(DATA SECTION)
-- ===== src/Groups/Laws.antt =====
-- What is set can be read back, and how far a read goes.
use native.Mathlib.Decide.{dec_lt, ℕ_discrete}
use fiwix_arm.Base.{
  ap, lt→ltb, not_lt→ltb, ℕ, ◌+◌, ◌≤◌, ◌<◌, ◌≡◌, refl, Option, none, List, [], ◌∷◌, length, ltb,
  if◌then◌else◌, arith, fun_ext, ◌∙◌,
}
use fiwix_arm.Base.Errno.{done, success}
use fiwix_arm.Base.Int.{pos}
use fiwix_arm.Base.Store.{Store, update}
use fiwix_arm.Process.{Proc, ngroups_max}
use fiwix_arm.Groups.{store_groups, sys_setgroups, count_groups, copy_groups, sys_getgroups}

-- Memory whose cells from `n` up to `k` are those of `list`, and the others those of `mem`.
abbrev pub filled : ℕ → ℕ → Store ℕ → Store ℕ → Store ℕ
filled n k list mem j = if ltb j n then mem j else if ltb j k then list j else mem j

count-store_groups :
    (gs : List (Option ℕ)) (n k : ℕ) (list : Store ℕ)
    → n ≤ k
    → k ≤ n + length gs
    → count_groups (store_groups gs n (pos k) list) n ≡ k
unfolding count_groups store_groups
count-store_groups [] n k list lo hi = omega arith
count-store_groups (g ∷ gs) n k list lo hi = ground (arith, count-store_groups gs (n + 1) k list)

filled_end : (n k : ℕ) (list mem : Store ℕ) → k ≤ n → filled n k list mem ≡ mem
filled_end n k list mem h = fun_ext λ j. ground arith

filled_step :
    (n k : ℕ) (list mem : Store ℕ)
    → n < k
    → filled (n + 1) k list (update mem n (list n)) ≡ filled n k list mem
filled_step n k list mem h = fun_ext λ j. elim (dec_lt j n) [
  | yes p ↦ ground arith
  | no p ↦ elim (ℕ_discrete n j) [ yes e ↦ ground (arith, ap list e) | no ne ↦ ground arith ]
]

copy-store_groups :
    (gs : List (Option ℕ)) (n k s : ℕ) (list mem : Store ℕ)
    → n ≤ k
    → k ≤ n + length gs
    → k ≤ s + 1
    → copy_groups (store_groups gs n (pos k) list) n (pos s) mem ≡ (filled n k list mem, done k)
unfolding copy_groups store_groups
copy-store_groups [] n k s list mem lo hi fits =
    let e : n ≡ k = omega arith in rw (filled_end n k list mem (omega arith), e)
copy-store_groups (g ∷ gs) n k s list mem lo hi fits = elim (dec_lt n k) [
  | yes p ↦
      rw (lt→ltb (n + 0) (k + 0) (omega arith), not_lt→ltb (s + 0) (n + 0) (omega arith))
        (rw (← filled_step n k list mem p) (
          copy-store_groups gs (n + 1) k s list (update mem n (list n)) (omega arith) (omega arith)
            fits))
  | no p ↦
      let e : n ≡ k = omega arith in
      rw (not_lt→ltb (n + 0) (k + 0) (omega arith), filled_end n k list mem (omega arith), e)
]

setgroups_root :
    (p : Proc) (k : ℕ) (list : Store ℕ)
    → p.euid ≡ 0
    → k ≤ ngroups_max
    → sys_setgroups p none (pos k) list
      ≡ (record p { groups = store_groups p.groups 0 (pos k) list }, success)
unfolding sys_setgroups
setgroups_root p k list root small = ground arith

getgroups_read :
    (p : Proc) (k s : ℕ) (list mem : Store ℕ)
    → k ≤ length p.groups
    → k ≤ s + 1
    → 0 < s
    → sys_getgroups (record p { groups = store_groups p.groups 0 (pos k) list }) none (pos s) mem
      ≡ (filled 0 k list mem, done k)
unfolding sys_getgroups
getgroups_read p k s list mem len fits room =
    ground (arith, copy-store_groups p.groups 0 k s list mem (omega arith) (omega arith) fits)

getgroups_count :
    (p : Proc) (k : ℕ) (list mem : Store ℕ)
    → k ≤ length p.groups
    → sys_getgroups (record p { groups = store_groups p.groups 0 (pos k) list }) none (pos 0) mem
      ≡ (mem, done k)
unfolding sys_getgroups
getgroups_count p k list mem len =
    ground (arith, count-store_groups p.groups 0 k list (omega arith) (omega arith))

-- After the superuser has set `k` groups, at most 32 of them, a call with size 0 counts `k`, and
-- one with room for `s` of them, `s` at least `k` and not 0, returns `k`, copies exactly the `k`
-- groups that were set and writes nothing else.
pub getgroups-setgroups :
    (p : Proc) (k s : ℕ) (list mem : Store ℕ)
    → p.euid ≡ 0
    → length p.groups ≡ ngroups_max
    → k ≤ ngroups_max
    → k ≤ s
    → 0 < s
    → let (q, r) = sys_setgroups p none (pos k) list in
      (r ≡ success)
      × (sys_getgroups q none (pos 0) mem ≡ (mem, done k))
      × (sys_getgroups q none (pos s) mem ≡ (filled 0 k list mem, done k))
getgroups-setgroups p k s list mem root len small fits room =
    rw (setgroups_root p k list root small) (
      refl,
      getgroups_count p k list mem (omega arith),
      getgroups_read p k s list mem (omega arith) (omega arith) room,
    )

-- A call with room for `s` groups, `s` not 0, on a process whose superuser set `s + 1` of them,
-- at most 32, does not fail: it returns `s + 1` and writes one entry past the room given.
pub getgroups_overrun :
    (p : Proc) (s : ℕ) (list mem : Store ℕ)
    → p.euid ≡ 0
    → length p.groups ≡ ngroups_max
    → 0 < s
    → s < ngroups_max
    → let q = (sys_setgroups p none (pos (s + 1)) list).0 in
      ((sys_getgroups q none (pos s) mem).1 ≡ done (s + 1))
      × ((sys_getgroups q none (pos s) mem).0 s ≡ list s)
getgroups_overrun p s list mem root len room small =
    rw (setgroups_root p (s + 1) list root (omega arith))
      (ap (λ r. r.1) read, ap (λ r. r.0 s) read ∙ written)
  where
    read :
        sys_getgroups
          (record p { groups = store_groups p.groups 0 (pos (s + 1)) list })
          none
          (pos s)
          mem
        ≡ (filled 0 (s + 1) list mem, done (s + 1))
    read = getgroups_read p (s + 1) s list mem (omega arith) (omega arith) room

    written : filled 0 (s + 1) list mem s ≡ list s
    written = ground arith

(DIRECTIONS FOR THIS TASK) Write out the data a second time, exactly the same.

(SOLUTION TO THIS TASK)
-- ===== src/Groups/Laws.antt =====
-- What is set can be read back, and how far a read goes.
use native.Mathlib.Decide.{dec_lt, ℕ_discrete}
use fiwix_arm.Base.{
  ap, lt→ltb, not_lt→ltb, ℕ, ◌+◌, ◌≤◌, ◌<◌, ◌≡◌, refl, Option, none, List, [], ◌∷◌, length, ltb,
  if◌then◌else◌, arith, fun_ext, ◌∙◌,
}
use fiwix_arm.Base.Errno.{done, success}
use fiwix_arm.Base.Int.{pos}
use fiwix_arm.Base.Store.{Store, update}
use fiwix_arm.Process.{Proc, ngroups_max}
use fiwix_arm.Groups.{store_groups, sys_setgroups, count_groups, copy_groups, sys_getgroups}

-- Memory whose cells from `n` up to `k` are those of `list`, and the others those of `mem`.
abbrev pub filled : ℕ → ℕ → Store ℕ → Store ℕ → Store ℕ
filled n k list mem j = if ltb j n then mem j else if ltb j k then list j else mem j

count-store_groups :
    (gs : List (Option ℕ)) (n k : ℕ) (list : Store ℕ)
    → n ≤ k
    → k ≤ n + length gs
    → count_groups (store_groups gs n (pos k) list) n ≡ k
unfolding count_groups store_groups
count-store_groups [] n k list lo hi = omega arith
count-store_groups (g ∷ gs) n k list lo hi = ground (arith, count-store_groups gs (n + 1) k list)

filled_end : (n k : ℕ) (list mem : Store ℕ) → k ≤ n → filled n k list mem ≡ mem
filled_end n k list mem h = fun_ext λ j. ground arith

filled_step :
    (n k : ℕ) (list mem : Store ℕ)
    → n < k
    → filled (n + 1) k list (update mem n (list n)) ≡ filled n k list mem
filled_step n k list mem h = fun_ext λ j. elim (dec_lt j n) [
  | yes p ↦ ground arith
  | no p ↦ elim (ℕ_discrete n j) [ yes e ↦ ground (arith, ap list e) | no ne ↦ ground arith ]
]

copy-store_groups :
    (gs : List (Option ℕ)) (n k s : ℕ) (list mem : Store ℕ)
    → n ≤ k
    → k ≤ n + length gs
    → k ≤ s + 1
    → copy_groups (store_groups gs n (pos k) list) n (pos s) mem ≡ (filled n k list mem, done k)
unfolding copy_groups store_groups
copy-store_groups [] n k s list mem lo hi fits =
    let e : n ≡ k = omega arith in rw (filled_end n k list mem (omega arith), e)
copy-store_groups (g ∷ gs) n k s list mem lo hi fits = elim (dec_lt n k) [
  | yes p ↦
      rw (lt→ltb (n + 0) (k + 0) (omega arith), not_lt→ltb (s + 0) (n + 0) (omega arith))
        (rw (← filled_step n k list mem p) (
          copy-store_groups gs (n + 1) k s list (update mem n (list n)) (omega arith) (omega arith)
            fits))
  | no p ↦
      let e : n ≡ k = omega arith in
      rw (not_lt→ltb (n + 0) (k + 0) (omega arith), filled_end n k list mem (omega arith), e)
]

setgroups_root :
    (p : Proc) (k : ℕ) (list : Store ℕ)
    → p.euid ≡ 0
    → k ≤ ngroups_max
    → sys_setgroups p none (pos k) list
      ≡ (record p { groups = store_groups p.groups 0 (pos k) list }, success)
unfolding sys_setgroups
setgroups_root p k list root small = ground arith

getgroups_read :
    (p : Proc) (k s : ℕ) (list mem : Store ℕ)
    → k ≤ length p.groups
    → k ≤ s + 1
    → 0 < s
    → sys_getgroups (record p { groups = store_groups p.groups 0 (pos k) list }) none (pos s) mem
      ≡ (filled 0 k list mem, done k)
unfolding sys_getgroups
getgroups_read p k s list mem len fits room =
    ground (arith, copy-store_groups p.groups 0 k s list mem (omega arith) (omega arith) fits)

getgroups_count :
    (p : Proc) (k : ℕ) (list mem : Store ℕ)
    → k ≤ length p.groups
    → sys_getgroups (record p { groups = store_groups p.groups 0 (pos k) list }) none (pos 0) mem
      ≡ (mem, done k)
unfolding sys_getgroups
getgroups_count p k list mem len =
    ground (arith, count-store_groups p.groups 0 k list (omega arith) (omega arith))

-- After the superuser has set `k` groups, at most 32 of them, a call with size 0 counts `k`, and
-- one with room for `s` of them, `s` at least `k` and not 0, returns `k`, copies exactly the `k`
-- groups that were set and writes nothing else.
pub getgroups-setgroups :
    (p : Proc) (k s : ℕ) (list mem : Store ℕ)
    → p.euid ≡ 0
    → length p.groups ≡ ngroups_max
    → k ≤ ngroups_max
    → k ≤ s
    → 0 < s
    → let (q, r) = sys_setgroups p none (pos k) list in
      (r ≡ success)
      × (sys_getgroups q none (pos 0) mem ≡ (mem, done k))
      × (sys_getgroups q none (pos s) mem ≡ (filled 0 k list mem, done k))
getgroups-setgroups p k s list mem root len small fits room =
    rw (setgroups_root p k list root small) (
      refl,
      getgroups_count p k list mem (omega arith),
      getgroups_read p k s list mem (omega arith) (omega arith) room,
    )

-- A call with room for `s` groups, `s` not 0, on a process whose superuser set `s + 1` of them,
-- at most 32, does not fail: it returns `s + 1` and writes one entry past the room given.
pub getgroups_overrun :
    (p : Proc) (s : ℕ) (list mem : Store ℕ)
    → p.euid ≡ 0
    → length p.groups ≡ ngroups_max
    → 0 < s
    → s < ngroups_max
    → let q = (sys_setgroups p none (pos (s + 1)) list).0 in
      ((sys_getgroups q none (pos s) mem).1 ≡ done (s + 1))
      × ((sys_getgroups q none (pos s) mem).0 s ≡ list s)
getgroups_overrun p s list mem root len room small =
    rw (setgroups_root p (s + 1) list root (omega arith))
      (ap (λ r. r.1) read, ap (λ r. r.0 s) read ∙ written)
  where
    read :
        sys_getgroups
          (record p { groups = store_groups p.groups 0 (pos (s + 1)) list })
          none
          (pos s)
          mem
        ≡ (filled 0 (s + 1) list mem, done (s + 1))
    read = getgroups_read p (s + 1) s list mem (omega arith) (omega arith) room

    written : filled 0 (s + 1) list mem s ≡ list s
    written = ground arith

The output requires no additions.